最小二乘法与投影
"最小二乘法的本质是希尔伯特空间的投影。"
Suppose we want to project some higher-dimensional vector to a lower-dimensional space(say plane).
The projection is \(\vec{p}\), original one is \(\vec{b}\), the vector that is vertical(or say orthogonal) to the space should be \[\vec{e} = \vec{b} - \vec{p}\]

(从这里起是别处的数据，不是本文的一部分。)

-- ===== src/Serialization/AnthropicMessage.antt =====
-- to_anthropic.go: a whole response, `SerializeToAnthropicWithSuppression`.
use omnillm.Prelude.{
  ℕ, Bool, true, false, not, ◌&&◌, Option, none, some, List, [], ◌∷◌, ◌++◌, Text, codes, text_eq,
  trim_space, has_prefix, drop, if◌then◌else◌,
}
use omnillm.Serialization.Canonical.{
  CanonicalPart, text_part, image_part, thinking_part, tool_call_part, tool_result_part, StopReason,
  end_turn, max_tokens, tool_use, stop_sequence, content_filter, failed, other_reason, Usage,
  CanonicalResponse, or_zero, anthropic_uncached_input,
}
use omnillm.ToolArguments.Schemas.{Json}

-- `AnthropicContentBlock`, by its type.
pub data AnthropicBlock : Type 0 where
  text_block : Text → AnthropicBlock
  thinking_block : Text → Option Text → AnthropicBlock
  tool_use_block : Text → Text → List (Text × Json) → AnthropicBlock

-- `AnthropicUsage`; the last field is `CacheCreation`, its 5 minute and its 1 hour part.
pub record AnthropicUsage : Type 0 where
  pub input_tokens : ℕ
  pub output_tokens : ℕ
  pub cache_creation_input_tokens : Option ℕ
  pub cache_read_input_tokens : Option ℕ
  pub cache_creation : Option (ℕ × ℕ)

-- `AnthropicResponse`
pub record AnthropicResponse : Type 0 where
  pub id : Text
  pub model : Text
  pub content : List AnthropicBlock
  pub stop_reason : Text
  pub stop_sequence : Option Text
  pub usage : Option AnthropicUsage

abbrev pub cache_creation_of : Option ℕ → Option ℕ → Option (ℕ × ℕ)
cache_creation_of none none = none
cache_creation_of none (some h) = some (0, h)
cache_creation_of (some m) h = some (m, or_zero h)

-- `anthropicUsage` of a usage that is not nil.
unfoldable pub anthropic_usage : Usage → AnthropicUsage
unfolding anthropic_uncached_input
anthropic_usage u = record {
  input_tokens = anthropic_uncached_input u;
  output_tokens = u.output_tokens;
  cache_creation_input_tokens = u.cache_write_input_tokens;
  cache_read_input_tokens = u.cache_read_input_tokens;
  cache_creation = cache_creation_of u.cache_write5m_input_tokens u.cache_write1h_input_tokens;
}

-- `normalizeAnthropicToolUseID`
unfoldable pub normalize_anthropic_tool_use_id : Text → Text
normalize_anthropic_tool_use_id id =
    let trimmed = trim_space id in
    if text_eq trimmed []
    then codes "toolu_empty"
    else if has_prefix trimmed (codes "toolu_")
    then trimmed
    else if has_prefix trimmed (codes "tooluse_")
    then codes "toolu_" ++ drop 8 trimmed
    else codes "toolu_" ++ trimmed

-- `convertStopReasonToAnthropic`
unfoldable pub convert_stop_reason_to_anthropic : StopReason → Text
convert_stop_reason_to_anthropic end_turn = codes "end_turn"
convert_stop_reason_to_anthropic max_tokens = codes "max_tokens"
convert_stop_reason_to_anthropic tool_use = codes "tool_use"
convert_stop_reason_to_anthropic stop_sequence = codes "stop_sequence"
convert_stop_reason_to_anthropic content_filter = codes "content_filter"
convert_stop_reason_to_anthropic failed = codes "error"
convert_stop_reason_to_anthropic (other_reason r) = codes "end_turn"

-- The loop over the parts; parts of other types are dropped.
unfoldable pub anthropic_content : Bool → List CanonicalPart → List AnthropicBlock
unfolding normalize_anthropic_tool_use_id
anthropic_content suppress [] = []
anthropic_content suppress (text_part t ∷ parts) = text_block t ∷ anthropic_content suppress parts
anthropic_content suppress (tool_call_part id name arguments ∷ parts) =
    tool_use_block (normalize_anthropic_tool_use_id id) name arguments
    ∷ anthropic_content suppress parts
anthropic_content suppress (thinking_part t signature ∷ parts) =
    let rest = anthropic_content suppress parts in
    if suppress then rest else thinking_block t signature ∷ rest
anthropic_content suppress (image_part t ∷ parts) = anthropic_content suppress parts
anthropic_content suppress (tool_result_part t ∷ parts) = anthropic_content suppress parts

-- `anthropicContentHasToolUse`
unfoldable pub anthropic_content_has_tool_use : List AnthropicBlock → Bool
anthropic_content_has_tool_use [] = false
anthropic_content_has_tool_use (tool_use_block id name arguments ∷ blocks) = true
anthropic_content_has_tool_use (text_block t ∷ blocks) = anthropic_content_has_tool_use blocks
anthropic_content_has_tool_use (thinking_block t s ∷ blocks) = anthropic_content_has_tool_use blocks

-- The reason is `tool_use`.
abbrev pub is_tool_use : StopReason → Bool
is_tool_use tool_use = true
is_tool_use end_turn = false
is_tool_use max_tokens = false
is_tool_use stop_sequence = false
is_tool_use content_filter = false
is_tool_use failed = false
is_tool_use (other_reason r) = false

-- `SerializeToAnthropicWithSuppression`
unfoldable pub serialize_to_anthropic : CanonicalResponse → Bool → AnthropicResponse
unfolding anthropic_content anthropic_content_has_tool_use convert_stop_reason_to_anthropic
    anthropic_usage
serialize_to_anthropic r suppress =
    let content = anthropic_content suppress r.content in
    record {
      id = r.id;
      model = r.model;
      content = content;
      stop_reason =
          if not (anthropic_content_has_tool_use content) && is_tool_use r.stop_reason
          then convert_stop_reason_to_anthropic end_turn
          else convert_stop_reason_to_anthropic r.stop_reason;
      stop_sequence = r.stopped_at;
      usage = elim r.usage [ none ↦ none | some u ↦ some (anthropic_usage u) ];
    }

for the vector \(\vec{p}\) that is within the plane(say n-dimensional space) \[\vec{p} = Ax \] where A is the matrix where each column \(a_i\) is a basis.
since \(e\perp a_i\) \[a_i^T(b-Ax) = 0\] \[A^T(b-Ax) = 0\] \[A^TAx = A^Tb\]
If \(A^TA\) is invertible \[x = (A^TA)^{-1}A^Tb\] \[p = Ax = A(A^TA)^{-1}A^Tb\]
The best scenario is A is composed of orthogonal basis. A is standard orthogonal matrix.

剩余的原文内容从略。